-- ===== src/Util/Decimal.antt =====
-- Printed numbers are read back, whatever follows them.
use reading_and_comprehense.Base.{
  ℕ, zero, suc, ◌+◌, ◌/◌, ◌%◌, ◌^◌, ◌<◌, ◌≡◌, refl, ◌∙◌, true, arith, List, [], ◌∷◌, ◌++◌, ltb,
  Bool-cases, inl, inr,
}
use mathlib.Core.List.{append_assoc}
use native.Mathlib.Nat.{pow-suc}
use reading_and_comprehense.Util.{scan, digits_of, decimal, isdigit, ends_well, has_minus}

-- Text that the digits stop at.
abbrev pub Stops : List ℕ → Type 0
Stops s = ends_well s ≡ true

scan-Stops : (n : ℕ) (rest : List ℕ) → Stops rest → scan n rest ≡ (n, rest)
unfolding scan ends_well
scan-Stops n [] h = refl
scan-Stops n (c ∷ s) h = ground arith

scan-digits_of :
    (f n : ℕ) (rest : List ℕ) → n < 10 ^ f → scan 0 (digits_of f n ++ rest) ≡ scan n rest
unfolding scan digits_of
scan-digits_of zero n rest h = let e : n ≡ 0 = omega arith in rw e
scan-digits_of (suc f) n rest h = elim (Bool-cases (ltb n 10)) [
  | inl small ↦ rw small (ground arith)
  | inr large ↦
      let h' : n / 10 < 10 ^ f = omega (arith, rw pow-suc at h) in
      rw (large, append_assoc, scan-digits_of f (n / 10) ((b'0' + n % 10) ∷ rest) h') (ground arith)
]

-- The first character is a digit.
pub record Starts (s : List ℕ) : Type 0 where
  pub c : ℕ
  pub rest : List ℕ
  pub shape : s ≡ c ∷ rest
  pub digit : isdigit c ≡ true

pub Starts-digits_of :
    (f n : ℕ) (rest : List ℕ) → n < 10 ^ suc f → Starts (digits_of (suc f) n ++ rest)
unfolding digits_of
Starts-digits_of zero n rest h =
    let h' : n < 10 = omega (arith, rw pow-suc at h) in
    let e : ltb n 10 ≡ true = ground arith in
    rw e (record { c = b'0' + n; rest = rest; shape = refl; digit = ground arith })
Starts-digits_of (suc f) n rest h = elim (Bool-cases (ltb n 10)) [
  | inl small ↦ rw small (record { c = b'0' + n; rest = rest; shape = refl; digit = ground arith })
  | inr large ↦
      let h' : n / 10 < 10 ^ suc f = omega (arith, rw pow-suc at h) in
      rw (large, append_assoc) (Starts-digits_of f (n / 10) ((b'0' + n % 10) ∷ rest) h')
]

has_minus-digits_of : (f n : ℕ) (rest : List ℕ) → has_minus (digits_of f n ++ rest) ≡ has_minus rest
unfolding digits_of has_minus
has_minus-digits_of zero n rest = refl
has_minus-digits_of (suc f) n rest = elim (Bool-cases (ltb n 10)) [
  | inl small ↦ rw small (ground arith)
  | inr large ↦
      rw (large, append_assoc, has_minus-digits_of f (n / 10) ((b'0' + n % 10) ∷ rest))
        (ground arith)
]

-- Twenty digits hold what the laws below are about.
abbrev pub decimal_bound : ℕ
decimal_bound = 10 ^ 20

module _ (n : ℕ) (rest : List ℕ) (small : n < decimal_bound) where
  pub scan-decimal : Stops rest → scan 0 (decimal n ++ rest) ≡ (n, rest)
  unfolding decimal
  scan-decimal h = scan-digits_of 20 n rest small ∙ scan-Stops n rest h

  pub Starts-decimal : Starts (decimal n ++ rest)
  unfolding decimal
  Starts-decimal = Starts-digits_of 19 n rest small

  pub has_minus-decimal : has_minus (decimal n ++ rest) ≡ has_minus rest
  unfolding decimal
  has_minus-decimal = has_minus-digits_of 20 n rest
---
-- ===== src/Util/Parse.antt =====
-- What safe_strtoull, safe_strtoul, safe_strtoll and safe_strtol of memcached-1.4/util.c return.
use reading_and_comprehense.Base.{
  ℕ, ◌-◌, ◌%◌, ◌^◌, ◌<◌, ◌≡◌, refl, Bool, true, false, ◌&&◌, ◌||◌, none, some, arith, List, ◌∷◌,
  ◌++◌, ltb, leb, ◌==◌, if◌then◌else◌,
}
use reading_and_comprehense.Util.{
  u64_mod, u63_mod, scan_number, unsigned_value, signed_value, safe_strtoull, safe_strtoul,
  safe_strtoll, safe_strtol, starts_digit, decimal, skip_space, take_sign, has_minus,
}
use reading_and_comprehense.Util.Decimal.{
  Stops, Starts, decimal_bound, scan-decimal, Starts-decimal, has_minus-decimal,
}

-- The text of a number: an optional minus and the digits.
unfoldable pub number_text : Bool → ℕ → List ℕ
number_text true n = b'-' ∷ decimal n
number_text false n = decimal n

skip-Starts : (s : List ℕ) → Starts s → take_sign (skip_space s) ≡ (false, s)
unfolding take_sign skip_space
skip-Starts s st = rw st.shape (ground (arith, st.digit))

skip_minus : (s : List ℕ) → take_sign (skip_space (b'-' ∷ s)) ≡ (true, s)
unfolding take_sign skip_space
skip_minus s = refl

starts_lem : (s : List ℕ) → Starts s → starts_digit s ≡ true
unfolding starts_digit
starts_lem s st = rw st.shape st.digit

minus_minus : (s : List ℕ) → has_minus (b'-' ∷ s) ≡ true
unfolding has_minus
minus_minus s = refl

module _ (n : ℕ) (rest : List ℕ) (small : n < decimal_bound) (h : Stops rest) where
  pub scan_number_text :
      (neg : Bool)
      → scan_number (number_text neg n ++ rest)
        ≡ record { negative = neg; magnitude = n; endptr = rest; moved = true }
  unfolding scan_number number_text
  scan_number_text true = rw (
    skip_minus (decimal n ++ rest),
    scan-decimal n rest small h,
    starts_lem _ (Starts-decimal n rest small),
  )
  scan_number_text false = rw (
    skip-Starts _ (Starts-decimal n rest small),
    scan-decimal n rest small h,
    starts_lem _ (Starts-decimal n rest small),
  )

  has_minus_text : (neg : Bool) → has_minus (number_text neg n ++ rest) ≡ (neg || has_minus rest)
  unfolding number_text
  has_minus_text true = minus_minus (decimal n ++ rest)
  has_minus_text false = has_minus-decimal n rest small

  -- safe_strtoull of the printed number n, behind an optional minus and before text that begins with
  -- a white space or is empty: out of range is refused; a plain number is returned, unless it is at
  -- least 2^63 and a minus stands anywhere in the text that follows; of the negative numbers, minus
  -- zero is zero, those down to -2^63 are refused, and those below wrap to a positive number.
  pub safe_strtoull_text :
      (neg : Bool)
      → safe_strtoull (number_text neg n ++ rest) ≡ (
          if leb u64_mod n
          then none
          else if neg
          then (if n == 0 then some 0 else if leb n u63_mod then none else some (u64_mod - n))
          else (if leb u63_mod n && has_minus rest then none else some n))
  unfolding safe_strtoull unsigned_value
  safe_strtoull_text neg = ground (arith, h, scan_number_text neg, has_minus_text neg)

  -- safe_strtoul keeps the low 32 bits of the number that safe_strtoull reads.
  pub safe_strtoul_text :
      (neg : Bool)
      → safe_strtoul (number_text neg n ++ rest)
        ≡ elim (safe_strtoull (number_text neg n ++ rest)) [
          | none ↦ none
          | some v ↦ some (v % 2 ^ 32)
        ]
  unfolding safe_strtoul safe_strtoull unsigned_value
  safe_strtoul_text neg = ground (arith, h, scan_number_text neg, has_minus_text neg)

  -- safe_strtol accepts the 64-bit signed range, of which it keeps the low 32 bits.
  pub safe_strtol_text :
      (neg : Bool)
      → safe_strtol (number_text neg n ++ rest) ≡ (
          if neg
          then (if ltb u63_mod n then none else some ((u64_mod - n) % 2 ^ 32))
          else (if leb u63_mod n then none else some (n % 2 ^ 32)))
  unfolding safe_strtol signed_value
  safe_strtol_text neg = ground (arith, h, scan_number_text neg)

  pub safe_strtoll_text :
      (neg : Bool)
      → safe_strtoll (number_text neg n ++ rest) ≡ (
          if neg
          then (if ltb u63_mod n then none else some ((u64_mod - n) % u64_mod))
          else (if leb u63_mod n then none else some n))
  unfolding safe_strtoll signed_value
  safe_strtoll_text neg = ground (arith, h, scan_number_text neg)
...
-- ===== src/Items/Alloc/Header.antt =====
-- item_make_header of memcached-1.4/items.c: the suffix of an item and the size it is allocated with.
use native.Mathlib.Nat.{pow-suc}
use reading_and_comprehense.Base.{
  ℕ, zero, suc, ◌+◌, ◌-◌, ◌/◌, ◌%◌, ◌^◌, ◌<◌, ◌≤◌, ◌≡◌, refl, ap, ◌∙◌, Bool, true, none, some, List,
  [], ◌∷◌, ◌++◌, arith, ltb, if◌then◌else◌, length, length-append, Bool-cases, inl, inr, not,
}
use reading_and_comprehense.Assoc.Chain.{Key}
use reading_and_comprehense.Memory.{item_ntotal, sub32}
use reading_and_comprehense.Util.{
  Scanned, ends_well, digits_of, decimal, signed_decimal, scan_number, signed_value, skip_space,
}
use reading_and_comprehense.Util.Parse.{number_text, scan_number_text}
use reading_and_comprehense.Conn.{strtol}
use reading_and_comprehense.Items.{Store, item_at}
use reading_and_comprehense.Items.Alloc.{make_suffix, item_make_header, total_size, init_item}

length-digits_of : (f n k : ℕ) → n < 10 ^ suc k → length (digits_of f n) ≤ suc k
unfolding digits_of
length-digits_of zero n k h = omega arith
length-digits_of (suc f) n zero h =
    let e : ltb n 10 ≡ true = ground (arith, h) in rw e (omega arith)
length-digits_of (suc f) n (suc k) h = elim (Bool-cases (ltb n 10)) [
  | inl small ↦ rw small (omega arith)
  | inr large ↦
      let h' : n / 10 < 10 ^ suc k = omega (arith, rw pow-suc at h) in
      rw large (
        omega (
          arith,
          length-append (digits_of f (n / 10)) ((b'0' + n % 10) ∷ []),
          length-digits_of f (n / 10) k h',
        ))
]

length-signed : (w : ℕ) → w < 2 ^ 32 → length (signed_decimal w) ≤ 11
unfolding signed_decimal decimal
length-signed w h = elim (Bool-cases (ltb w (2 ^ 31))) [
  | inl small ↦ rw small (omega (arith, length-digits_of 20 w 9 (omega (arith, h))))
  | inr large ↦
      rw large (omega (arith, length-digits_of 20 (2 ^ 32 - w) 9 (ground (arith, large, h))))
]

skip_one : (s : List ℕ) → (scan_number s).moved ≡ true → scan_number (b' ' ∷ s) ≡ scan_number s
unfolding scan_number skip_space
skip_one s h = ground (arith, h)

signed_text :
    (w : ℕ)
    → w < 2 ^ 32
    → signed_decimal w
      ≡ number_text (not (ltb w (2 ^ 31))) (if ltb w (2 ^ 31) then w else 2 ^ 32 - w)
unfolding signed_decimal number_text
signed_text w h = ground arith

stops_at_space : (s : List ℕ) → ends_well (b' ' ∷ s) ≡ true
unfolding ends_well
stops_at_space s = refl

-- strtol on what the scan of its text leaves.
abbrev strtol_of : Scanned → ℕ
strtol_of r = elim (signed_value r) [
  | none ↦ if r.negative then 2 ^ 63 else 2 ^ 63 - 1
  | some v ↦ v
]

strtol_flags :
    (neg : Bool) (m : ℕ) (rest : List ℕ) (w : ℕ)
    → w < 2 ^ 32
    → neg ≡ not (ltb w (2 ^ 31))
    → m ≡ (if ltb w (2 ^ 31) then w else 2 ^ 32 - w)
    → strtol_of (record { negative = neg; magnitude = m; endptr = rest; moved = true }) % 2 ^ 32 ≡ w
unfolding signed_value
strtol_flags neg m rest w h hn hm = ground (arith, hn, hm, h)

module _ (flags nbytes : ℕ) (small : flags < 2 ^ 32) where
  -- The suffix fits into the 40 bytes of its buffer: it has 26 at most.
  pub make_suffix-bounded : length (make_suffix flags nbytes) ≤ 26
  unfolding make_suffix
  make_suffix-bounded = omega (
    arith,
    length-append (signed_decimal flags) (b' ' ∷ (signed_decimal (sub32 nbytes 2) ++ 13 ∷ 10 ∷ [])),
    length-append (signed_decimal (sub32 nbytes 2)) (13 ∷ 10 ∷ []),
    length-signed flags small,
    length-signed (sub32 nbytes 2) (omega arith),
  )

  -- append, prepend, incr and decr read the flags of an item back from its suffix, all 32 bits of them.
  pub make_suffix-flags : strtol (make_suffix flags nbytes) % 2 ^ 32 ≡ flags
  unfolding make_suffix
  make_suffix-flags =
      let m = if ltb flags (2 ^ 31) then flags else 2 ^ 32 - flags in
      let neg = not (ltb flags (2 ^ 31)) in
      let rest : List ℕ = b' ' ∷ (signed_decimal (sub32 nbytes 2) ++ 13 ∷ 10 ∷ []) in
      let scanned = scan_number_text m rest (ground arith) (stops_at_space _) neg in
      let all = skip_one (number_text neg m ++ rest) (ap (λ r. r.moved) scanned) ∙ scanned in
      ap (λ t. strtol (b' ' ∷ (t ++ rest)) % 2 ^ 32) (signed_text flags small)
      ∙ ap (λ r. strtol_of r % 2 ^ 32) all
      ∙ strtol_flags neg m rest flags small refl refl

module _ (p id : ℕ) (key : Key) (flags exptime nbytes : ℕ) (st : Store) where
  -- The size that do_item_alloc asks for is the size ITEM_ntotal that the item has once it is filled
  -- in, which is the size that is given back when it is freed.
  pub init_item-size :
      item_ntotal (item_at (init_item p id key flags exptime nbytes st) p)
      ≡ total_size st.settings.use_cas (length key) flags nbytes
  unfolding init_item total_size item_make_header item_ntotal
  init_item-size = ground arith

→ **WHAT IS REQUIRED**:
Copy out only the lines of the records above from the one with "has_minus_text : (neg" through the one with "has_minus_text false = has_minus-decimal", exactly as they stand, both included.

→ **ANSWER FOR THE TASK**:
  has_minus_text : (neg : Bool) → has_minus (number_text neg n ++ rest) ≡ (neg || has_minus rest)
  unfolding number_text
  has_minus_text true = minus_minus (decimal n ++ rest)
  has_minus_text false = has_minus-decimal n rest small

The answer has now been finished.